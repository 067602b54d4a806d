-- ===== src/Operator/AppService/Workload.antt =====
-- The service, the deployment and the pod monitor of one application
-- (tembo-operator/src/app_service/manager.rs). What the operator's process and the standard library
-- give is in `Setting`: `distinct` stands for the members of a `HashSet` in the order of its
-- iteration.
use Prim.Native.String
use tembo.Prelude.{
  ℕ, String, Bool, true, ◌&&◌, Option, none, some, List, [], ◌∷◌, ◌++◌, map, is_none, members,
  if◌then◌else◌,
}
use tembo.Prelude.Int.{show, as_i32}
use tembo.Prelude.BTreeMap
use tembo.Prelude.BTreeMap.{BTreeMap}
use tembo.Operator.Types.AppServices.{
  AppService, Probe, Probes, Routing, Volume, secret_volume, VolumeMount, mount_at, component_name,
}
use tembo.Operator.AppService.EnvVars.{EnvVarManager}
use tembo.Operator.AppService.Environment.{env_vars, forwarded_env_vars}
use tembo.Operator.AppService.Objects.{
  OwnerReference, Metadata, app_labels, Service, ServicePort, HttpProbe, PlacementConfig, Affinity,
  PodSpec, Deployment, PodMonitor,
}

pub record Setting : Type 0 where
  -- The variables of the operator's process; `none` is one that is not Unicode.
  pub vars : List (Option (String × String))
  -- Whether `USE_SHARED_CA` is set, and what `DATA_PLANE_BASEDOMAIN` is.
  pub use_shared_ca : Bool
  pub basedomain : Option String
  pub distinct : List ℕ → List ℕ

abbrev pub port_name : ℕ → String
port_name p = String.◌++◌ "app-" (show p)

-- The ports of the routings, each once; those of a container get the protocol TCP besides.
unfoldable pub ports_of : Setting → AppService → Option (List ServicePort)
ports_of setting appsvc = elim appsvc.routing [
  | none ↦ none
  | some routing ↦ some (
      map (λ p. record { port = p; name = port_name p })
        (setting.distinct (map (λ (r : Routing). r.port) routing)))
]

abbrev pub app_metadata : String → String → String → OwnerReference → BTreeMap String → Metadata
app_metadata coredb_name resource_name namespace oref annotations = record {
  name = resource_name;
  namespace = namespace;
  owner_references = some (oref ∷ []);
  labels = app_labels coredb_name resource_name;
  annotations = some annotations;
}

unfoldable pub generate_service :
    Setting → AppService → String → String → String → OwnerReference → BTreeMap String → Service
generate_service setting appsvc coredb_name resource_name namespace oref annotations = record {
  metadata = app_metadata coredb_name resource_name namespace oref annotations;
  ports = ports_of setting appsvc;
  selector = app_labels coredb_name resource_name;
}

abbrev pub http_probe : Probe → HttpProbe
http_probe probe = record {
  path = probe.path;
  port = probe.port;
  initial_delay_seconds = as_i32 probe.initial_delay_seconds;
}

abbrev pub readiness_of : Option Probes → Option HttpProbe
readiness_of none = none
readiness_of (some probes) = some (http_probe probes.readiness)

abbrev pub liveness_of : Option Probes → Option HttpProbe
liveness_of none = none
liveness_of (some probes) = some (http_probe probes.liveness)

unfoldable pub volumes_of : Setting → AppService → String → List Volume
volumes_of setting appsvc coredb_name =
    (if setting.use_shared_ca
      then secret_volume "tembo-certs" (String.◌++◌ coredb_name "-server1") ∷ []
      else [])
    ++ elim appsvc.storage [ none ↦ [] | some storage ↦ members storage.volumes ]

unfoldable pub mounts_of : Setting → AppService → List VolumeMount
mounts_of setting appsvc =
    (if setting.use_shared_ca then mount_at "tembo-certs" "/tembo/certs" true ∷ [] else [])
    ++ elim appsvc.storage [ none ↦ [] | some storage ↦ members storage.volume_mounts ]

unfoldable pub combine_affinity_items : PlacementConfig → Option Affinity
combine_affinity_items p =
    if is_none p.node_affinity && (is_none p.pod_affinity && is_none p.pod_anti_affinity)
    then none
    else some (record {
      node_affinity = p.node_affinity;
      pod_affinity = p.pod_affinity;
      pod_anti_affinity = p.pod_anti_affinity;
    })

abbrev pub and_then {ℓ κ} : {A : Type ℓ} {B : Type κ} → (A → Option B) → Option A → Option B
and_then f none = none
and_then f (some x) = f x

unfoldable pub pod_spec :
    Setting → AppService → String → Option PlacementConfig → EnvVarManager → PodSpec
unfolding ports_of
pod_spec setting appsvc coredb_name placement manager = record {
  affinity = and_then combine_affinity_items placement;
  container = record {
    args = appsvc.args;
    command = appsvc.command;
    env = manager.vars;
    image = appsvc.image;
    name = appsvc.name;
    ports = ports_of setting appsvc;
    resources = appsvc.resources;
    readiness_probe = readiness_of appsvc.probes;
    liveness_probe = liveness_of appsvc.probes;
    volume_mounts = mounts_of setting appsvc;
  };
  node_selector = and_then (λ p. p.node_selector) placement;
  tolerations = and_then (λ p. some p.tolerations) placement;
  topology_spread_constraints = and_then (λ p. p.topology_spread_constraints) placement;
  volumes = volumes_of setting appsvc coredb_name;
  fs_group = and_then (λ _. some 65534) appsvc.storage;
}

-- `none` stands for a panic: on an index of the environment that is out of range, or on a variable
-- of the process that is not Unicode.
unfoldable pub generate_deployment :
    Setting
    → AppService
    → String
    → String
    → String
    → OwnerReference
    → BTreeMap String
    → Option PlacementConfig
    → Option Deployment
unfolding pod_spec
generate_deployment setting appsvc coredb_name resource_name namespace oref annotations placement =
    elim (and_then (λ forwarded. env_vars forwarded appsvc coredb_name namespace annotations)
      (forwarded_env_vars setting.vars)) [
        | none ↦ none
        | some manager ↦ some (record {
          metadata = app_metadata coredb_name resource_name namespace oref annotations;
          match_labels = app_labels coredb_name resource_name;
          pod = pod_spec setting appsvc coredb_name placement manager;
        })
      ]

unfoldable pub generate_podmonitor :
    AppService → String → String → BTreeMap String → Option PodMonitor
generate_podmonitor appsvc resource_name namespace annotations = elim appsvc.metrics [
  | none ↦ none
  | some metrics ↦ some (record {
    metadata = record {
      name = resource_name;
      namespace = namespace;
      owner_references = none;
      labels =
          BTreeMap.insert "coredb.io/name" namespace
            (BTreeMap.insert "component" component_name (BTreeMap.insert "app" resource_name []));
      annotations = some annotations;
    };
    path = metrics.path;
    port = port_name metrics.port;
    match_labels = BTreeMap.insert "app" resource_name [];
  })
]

☆ ☆ ☆

Task description => Would you copy the data exactly as shown above?

Output of the exercise =>
repository 067602b54d4a806d
-- ===== src/Operator/AppService/Workload.antt =====
-- The service, the deployment and the pod monitor of one application
-- (tembo-operator/src/app_service/manager.rs). What the operator's process and the standard library
-- give is in `Setting`: `distinct` stands for the members of a `HashSet` in the order of its
-- iteration.
use Prim.Native.String
use tembo.Prelude.{
  ℕ, String, Bool, true, ◌&&◌, Option, none, some, List, [], ◌∷◌, ◌++◌, map, is_none, members,
  if◌then◌else◌,
}
use tembo.Prelude.Int.{show, as_i32}
use tembo.Prelude.BTreeMap
use tembo.Prelude.BTreeMap.{BTreeMap}
use tembo.Operator.Types.AppServices.{
  AppService, Probe, Probes, Routing, Volume, secret_volume, VolumeMount, mount_at, component_name,
}
use tembo.Operator.AppService.EnvVars.{EnvVarManager}
use tembo.Operator.AppService.Environment.{env_vars, forwarded_env_vars}
use tembo.Operator.AppService.Objects.{
  OwnerReference, Metadata, app_labels, Service, ServicePort, HttpProbe, PlacementConfig, Affinity,
  PodSpec, Deployment, PodMonitor,
}

pub record Setting : Type 0 where
  -- The variables of the operator's process; `none` is one that is not Unicode.
  pub vars : List (Option (String × String))
  -- Whether `USE_SHARED_CA` is set, and what `DATA_PLANE_BASEDOMAIN` is.
  pub use_shared_ca : Bool
  pub basedomain : Option String
  pub distinct : List ℕ → List ℕ

abbrev pub port_name : ℕ → String
port_name p = String.◌++◌ "app-" (show p)

-- The ports of the routings, each once; those of a container get the protocol TCP besides.
unfoldable pub ports_of : Setting → AppService → Option (List ServicePort)
ports_of setting appsvc = elim appsvc.routing [
  | none ↦ none
  | some routing ↦ some (
      map (λ p. record { port = p; name = port_name p })
        (setting.distinct (map (λ (r : Routing). r.port) routing)))
]

abbrev pub app_metadata : String → String → String → OwnerReference → BTreeMap String → Metadata
app_metadata coredb_name resource_name namespace oref annotations = record {
  name = resource_name;
  namespace = namespace;
  owner_references = some (oref ∷ []);
  labels = app_labels coredb_name resource_name;
  annotations = some annotations;
}

unfoldable pub generate_service :
    Setting → AppService → String → String → String → OwnerReference → BTreeMap String → Service
generate_service setting appsvc coredb_name resource_name namespace oref annotations = record {
  metadata = app_metadata coredb_name resource_name namespace oref annotations;
  ports = ports_of setting appsvc;
  selector = app_labels coredb_name resource_name;
}

abbrev pub http_probe : Probe → HttpProbe
http_probe probe = record {
  path = probe.path;
  port = probe.port;
  initial_delay_seconds = as_i32 probe.initial_delay_seconds;
}

abbrev pub readiness_of : Option Probes → Option HttpProbe
readiness_of none = none
readiness_of (some probes) = some (http_probe probes.readiness)

abbrev pub liveness_of : Option Probes → Option HttpProbe
liveness_of none = none
liveness_of (some probes) = some (http_probe probes.liveness)

unfoldable pub volumes_of : Setting → AppService → String → List Volume
volumes_of setting appsvc coredb_name =
    (if setting.use_shared_ca
      then secret_volume "tembo-certs" (String.◌++◌ coredb_name "-server1") ∷ []
      else [])
    ++ elim appsvc.storage [ none ↦ [] | some storage ↦ members storage.volumes ]

unfoldable pub mounts_of : Setting → AppService → List VolumeMount
mounts_of setting appsvc =
    (if setting.use_shared_ca then mount_at "tembo-certs" "/tembo/certs" true ∷ [] else [])
    ++ elim appsvc.storage [ none ↦ [] | some storage ↦ members storage.volume_mounts ]

unfoldable pub combine_affinity_items : PlacementConfig → Option Affinity
combine_affinity_items p =
    if is_none p.node_affinity && (is_none p.pod_affinity && is_none p.pod_anti_affinity)
    then none
    else some (record {
      node_affinity = p.node_affinity;
      pod_affinity = p.pod_affinity;
      pod_anti_affinity = p.pod_anti_affinity;
    })

abbrev pub and_then {ℓ κ} : {A : Type ℓ} {B : Type κ} → (A → Option B) → Option A → Option B
and_then f none = none
and_then f (some x) = f x

unfoldable pub pod_spec :
    Setting → AppService → String → Option PlacementConfig → EnvVarManager → PodSpec
unfolding ports_of
pod_spec setting appsvc coredb_name placement manager = record {
  affinity = and_then combine_affinity_items placement;
  container = record {
    args = appsvc.args;
    command = appsvc.command;
    env = manager.vars;
    image = appsvc.image;
    name = appsvc.name;
    ports = ports_of setting appsvc;
    resources = appsvc.resources;
    readiness_probe = readiness_of appsvc.probes;
    liveness_probe = liveness_of appsvc.probes;
    volume_mounts = mounts_of setting appsvc;
  };
  node_selector = and_then (λ p. p.node_selector) placement;
  tolerations = and_then (λ p. some p.tolerations) placement;
  topology_spread_constraints = and_then (λ p. p.topology_spread_constraints) placement;
  volumes = volumes_of setting appsvc coredb_name;
  fs_group = and_then (λ _. some 65534) appsvc.storage;
}

-- `none` stands for a panic: on an index of the environment that is out of range, or on a variable
-- of the process that is not Unicode.
unfoldable pub generate_deployment :
    Setting
    → AppService
    → String
    → String
    → String
    → OwnerReference
    → BTreeMap String
    → Option PlacementConfig
    → Option Deployment
unfolding pod_spec
generate_deployment setting appsvc coredb_name resource_name namespace oref annotations placement =
    elim (and_then (λ forwarded. env_vars forwarded appsvc coredb_name namespace annotations)
      (forwarded_env_vars setting.vars)) [
        | none ↦ none
        | some manager ↦ some (record {
          metadata = app_metadata coredb_name resource_name namespace oref annotations;
          match_labels = app_labels coredb_name resource_name;
          pod = pod_spec setting appsvc coredb_name placement manager;
        })
      ]

unfoldable pub generate_podmonitor :
    AppService → String → String → BTreeMap String → Option PodMonitor
generate_podmonitor appsvc resource_name namespace annotations = elim appsvc.metrics [
  | none ↦ none
  | some metrics ↦ some (record {
    metadata = record {
      name = resource_name;
      namespace = namespace;
      owner_references = none;
      labels =
          BTreeMap.insert "coredb.io/name" namespace
            (BTreeMap.insert "component" component_name (BTreeMap.insert "app" resource_name []));
      annotations = some annotations;
    };
    path = metrics.path;
    port = port_name metrics.port;
    match_labels = BTreeMap.insert "app" resource_name [];
  })
]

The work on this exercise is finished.